* **Exercise**:
Go to the line containing "fail_over last a (record" in the records below and print it and every following line exactly, on through the line containing "unfoldable pub begin_attempt", then stop.

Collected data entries
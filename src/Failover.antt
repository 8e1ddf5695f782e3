-- ===== src/Failover.antt =====
-- internal/app/app.go, the loop of handleProxy over the candidates of the scheduler, and what it uses
-- of internal/handler/handle_log.go. What the outside does in an attempt (the network, the codecs,
-- the client that goes away) is an argument. The event log is not modelled.
pub mod Verdicts
pub mod Entries
use token_gate.Base.{
  ℕ, suc, ◌/◌, Bool, true, false, ◌||◌, Option, none, some, List, [], ◌∷◌, ◌++◌, ◌==◌,
  if◌then◌else◌,
}
use token_gate.Domain.{Backend, UsageLog, status_family}
use token_gate.Scheduler.{Service, mark_success, mark_failure}
use token_gate.Store.{Db}
use token_gate.Store.Columns.{map_get}
use token_gate.Store.UsageLogs.{append_usage_log}
use token_gate.Text.{Text, codes, text_eq, is_empty, trim_space}
use token_gate.Time.{Time}

-- What `CloneResponseForLogging` and `extractNormalizedTokenUsage` read off a response.
pub record ResponseLog : Type 0 where
  pub headers_json : Text
  pub is_stream : Bool
  pub bytes : ℕ
  pub preview : Text
  pub truncated : Bool
  pub input_tokens : ℕ
  pub output_tokens : ℕ
  pub input_cache_tokens : ℕ

-- `PrepareExchange`: ready, `ErrCrossProtocolStreamingNotSupported`, or another error.
pub data Exchange : Type 0 where
  ready : Exchange
  streaming_not_supported : Text → Exchange
  not_prepared : Text → Exchange

-- `DoWithPath` and `decodeUpstreamResponse`. The flag says that the request was canceled; a response
-- has a status code, a status text and, if its body can be read, what is logged of it.
pub data Sent : Type 0 where
  no_response : Bool → Text → Sent
  broken_response : Bool → Text → Sent
  response : ℕ → Text → Option ResponseLog → Sent

-- What becomes of a response with a 2xx status: `AdaptResponse` fails, its body cannot be read, or
-- it is written with this status, perhaps with an error on the way.
pub data Delivery : Type 0 where
  not_adapted : Text → Delivery
  not_buffered : Text → Delivery
  delivered : ℕ → ResponseLog → Option Text → Delivery

-- What the outside does in one attempt. `canceled` is the request's context at its start, with the
-- text of its error.
pub record Attempt : Type 0 where
  pub canceled : Option Text
  pub rewrite_error : Option Text
  pub exchange : Exchange
  pub sent : Sent
  pub delivery : Delivery
  pub at : Time
  pub duration_ms : ℕ

-- What the client is answered. `nothing_written` leaves the answer to net/http, which then sends an
-- empty response with the status 200.
pub data Reply : Type 0 where
  error_reply : ℕ → Text → Reply
  status_only : ℕ → Reply
  upstream_reply : ℕ → ℕ → Reply
  nothing_written : Reply

pub record Progress : Type 0 where
  pub log : UsageLog
  pub last_err : Option Text
  pub db : Db

-- Where an attempt leads: the handler returns, the loop goes on, or it breaks.
pub data Next : Type 0 where
  returns : Reply → Progress → Next
  continues : Progress → Next
  breaks : Progress → Next

-- `m[key]`, empty for a key that is missing
unfoldable pub mapping_value : Text → List (Text × Text) → Text
unfolding map_get
mapping_value key m = elim (map_get key m) [ none ↦ [] | some v ↦ v ]

-- `MappedBackendModel` of internal/handler/handle_backend.go
unfoldable pub mapped_backend_model : Backend → Text → Text
unfolding mapping_value is_empty
mapped_backend_model backend client_model =
    let mapped = trim_space (mapping_value (trim_space client_model) backend.model_mapping) in
    if is_empty mapped then client_model else mapped

-- `ApplyResponseLogFields` of internal/handler/handle_log.go
unfoldable pub apply_response_log_fields : ResponseLog → UsageLog → UsageLog
apply_response_log_fields r log = record log {
  response_headers_json = r.headers_json;
  is_stream = r.is_stream;
  response_bytes = r.bytes;
  response_body_preview = r.preview;
  preview_truncated = log.preview_truncated || r.truncated;
  input_tokens = r.input_tokens;
  output_tokens = r.output_tokens;
  input_cache_tokens = r.input_cache_tokens;
}

unfoldable pub with_status : ℕ → Text → UsageLog → UsageLog
unfolding status_family
with_status code message log = record log {
  status_code = code;
  status_family = status_family code;
  error_message = message;
}

-- `AppendAttemptUsageLog` of internal/handler/handle_log.go
unfoldable pub append_attempt_usage_log : Attempt → Progress → Progress
unfolding append_usage_log
append_attempt_usage_log a p = record p {
  db = append_usage_log a.at (record (p.log) { duration_ms = a.duration_ms }) p.db;
}

-- `finishCanceledProxyRequest`
unfoldable pub finish_canceled_proxy_request : Text → Progress → Next
unfolding with_status
finish_canceled_proxy_request message p =
    returns (status_only 499) (record p { log = with_status 499 message p.log })

-- `MarkFailure`, whose own error is dropped.
unfoldable pub marked_failure : Service → Attempt → Backend → Progress → Progress
unfolding mark_failure
marked_failure s a backend p = record p { db = mark_failure s a.at backend.id p.db }

-- An attempt that failed with the loop's variables set: its log is appended if another follows.
unfoldable pub fail_over : Bool → Attempt → Progress → Next
unfolding append_attempt_usage_log
fail_over last a p = if last then breaks p else continues (append_attempt_usage_log a p)

-- A failure before anything was sent: the loop goes on, after the last one too.
unfoldable pub fail_early : Bool → Attempt → Text → Text → Progress → Next
unfolding with_status append_attempt_usage_log
fail_early last a reason message p =
    let q = record p { log = with_status 503 (reason ++ message) p.log; last_err = some message } in
    continues (if last then q else append_attempt_usage_log a q)

-- A failure of the backend: it is marked.
unfoldable pub fail_backend : Service → Bool → Attempt → Backend → Text → Text → Progress → Next
unfolding with_status fail_over marked_failure
fail_backend s last a backend reason message p =
    let q = marked_failure s a backend p in
    fail_over last a
      (record q { log = with_status 503 (reason ++ message) q.log; last_err = some message })

-- A response without a 2xx status.
unfoldable pub fail_status :
    Service → Bool → Attempt → Backend → ℕ → Text → Option ResponseLog → Progress → Next
unfolding with_status apply_response_log_fields fail_over marked_failure
fail_status s last a backend code status logged p =
    let log = with_status code status p.log in
    fail_over last a (record (marked_failure s a backend p) {
      log = elim logged [ none ↦ log | some r ↦ apply_response_log_fields r log ];
      last_err = some status;
    })

-- A response with a 2xx status: the backend is marked, and no other one is tried.
unfoldable pub mark_served : Attempt → Backend → ℕ → Progress → Progress
unfolding with_status mark_success
mark_served a backend code p = record p {
  db = mark_success a.at backend.id p.db;
  log = with_status code [] p.log;
}

unfoldable pub delivered_log : ResponseLog → Option Text → UsageLog → UsageLog
unfolding with_status apply_response_log_fields
delivered_log r none log = apply_response_log_fields r log
delivered_log r (some e) log = with_status 503 e (apply_response_log_fields r log)

unfoldable pub deliver : Attempt → Backend → ℕ → Delivery → Progress → Next
unfolding with_status mark_served delivered_log
deliver a backend code (not_adapted e) p =
    let q = mark_served a backend code p in
    returns nothing_written
      (record q { log = with_status 503 (codes "adapt response failed: " ++ e) q.log })
deliver a backend code (not_buffered e) p =
    let q = mark_served a backend code p in
    returns nothing_written (record q { log = with_status 503 e q.log })
deliver a backend code (delivered status logged failure) p =
    let q = mark_served a backend code p in
    returns (upstream_reply backend.id status)
      (record q { log = delivered_log logged failure q.log })

-- The log's fields on the backend.
unfoldable pub begin_attempt : ℕ → Backend → Progress → Progress
begin_attempt attempt backend p = record p {
  log = record (p.log) {
    attempts = attempt;
    backend_id = backend.id;
    backend_name = backend.name;
    proxy_id = backend.proxy_id;
    proxy_name = elim (backend.proxy) [ none ↦ codes "direct" | some proxy ↦ proxy.name ];
  };
}

-- What follows `DoWithPath`, by its outcome.
unfoldable pub receive : Service → Bool → Attempt → Backend → Sent → Progress → Next
unfolding finish_canceled_proxy_request fail_backend fail_status deliver
receive s last a backend (no_response true e) p = finish_canceled_proxy_request e p
receive s last a backend (no_response false e) p = fail_backend s last a backend [] e p
receive s last a backend (broken_response true e) p = finish_canceled_proxy_request e p
receive s last a backend (broken_response false e) p =
    fail_backend s last a backend (codes "decode response failed: ") e p
receive s last a backend (response code status logged) p =
    if code / 100 == 2
    then deliver a backend code a.delivery p
    else fail_status s last a backend code status logged p

-- What follows `PrepareExchange`, by its outcome.
unfoldable pub exchange_with : Service → Bool → Attempt → Backend → Exchange → Progress → Next
unfolding fail_early receive
exchange_with s last a backend (streaming_not_supported e) p = continues p
exchange_with s last a backend (not_prepared e) p =
    fail_early last a (codes "prepare exchange failed: ") e p
exchange_with s last a backend ready p = receive s last a backend a.sent p

-- The error of `RewriteModel`, which is called only where the backend has another name for the
-- model.
unfoldable pub rewrite_failure : Text → Attempt → Backend → Option Text
unfolding text_eq mapped_backend_model
rewrite_failure model a backend =
    if text_eq (mapped_backend_model backend model) model then none else a.rewrite_error

-- What follows the rewriting of the model, by its error.
unfoldable pub rewritten : Service → Bool → Attempt → Backend → Option Text → Progress → Next
unfolding fail_early exchange_with
rewritten s last a backend (some e) p = fail_early last a (codes "rewrite model failed: ") e p
rewritten s last a backend none p = exchange_with s last a backend a.exchange p

-- The body of the loop, by the error of the context at its start.
unfoldable pub begun : Service → Text → Bool → ℕ → Attempt → Backend → Option Text → Progress → Next
unfolding finish_canceled_proxy_request begin_attempt rewrite_failure rewritten
begun s model last attempt a backend (some e) p = finish_canceled_proxy_request e p
begun s model last attempt a backend none p =
    rewritten s last a backend (rewrite_failure model a backend) (begin_attempt attempt backend p)

unfoldable pub attempt_on : Service → Text → Bool → ℕ → Attempt → Backend → Progress → Next
unfolding begun
attempt_on s model last attempt a backend p = begun s model last attempt a backend a.canceled p

pub data Ended : Type 0 where
  answered : Reply → Progress → Ended
  ran_out : Progress → Ended

abbrev pub is_last : List Backend → Bool
is_last [] = true
is_last (b ∷ bs) = false

-- Where the loop goes from the end of its body.
abbrev pub follow : (Progress → Ended) → Next → Ended
follow rest (returns reply q) = answered reply q
follow rest (breaks q) = ran_out q
follow rest (continues q) = rest q

-- The loop, from the candidate at the position `n` on.
unfoldable pub failover : Service → Text → (ℕ → Attempt) → ℕ → List Backend → Progress → Ended
unfolding attempt_on
failover s model attempts n [] p = ran_out p
failover s model attempts n (b ∷ bs) p =
    follow (failover s model attempts (suc n) bs)
      (attempt_on s model (is_last bs) (suc n) (attempts n) b p)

* **Your solution**:
    fail_over last a (record (marked_failure s a backend p) {
      log = elim logged [ none ↦ log | some r ↦ apply_response_log_fields r log ];
      last_err = some status;
    })

-- A response with a 2xx status: the backend is marked, and no other one is tried.
unfoldable pub mark_served : Attempt → Backend → ℕ → Progress → Progress
unfolding with_status mark_success
mark_served a backend code p = record p {
  db = mark_success a.at backend.id p.db;
  log = with_status code [] p.log;
}

unfoldable pub delivered_log : ResponseLog → Option Text → UsageLog → UsageLog
unfolding with_status apply_response_log_fields
delivered_log r none log = apply_response_log_fields r log
delivered_log r (some e) log = with_status 503 e (apply_response_log_fields r log)

unfoldable pub deliver : Attempt → Backend → ℕ → Delivery → Progress → Next
unfolding with_status mark_served delivered_log
deliver a backend code (not_adapted e) p =
    let q = mark_served a backend code p in
    returns nothing_written
      (record q { log = with_status 503 (codes "adapt response failed: " ++ e) q.log })
deliver a backend code (not_buffered e) p =
    let q = mark_served a backend code p in
    returns nothing_written (record q { log = with_status 503 e q.log })
deliver a backend code (delivered status logged failure) p =
    let q = mark_served a backend code p in
    returns (upstream_reply backend.id status)
      (record q { log = delivered_log logged failure q.log })

-- The log's fields on the backend.
unfoldable pub begin_attempt : ℕ → Backend → Progress → Progress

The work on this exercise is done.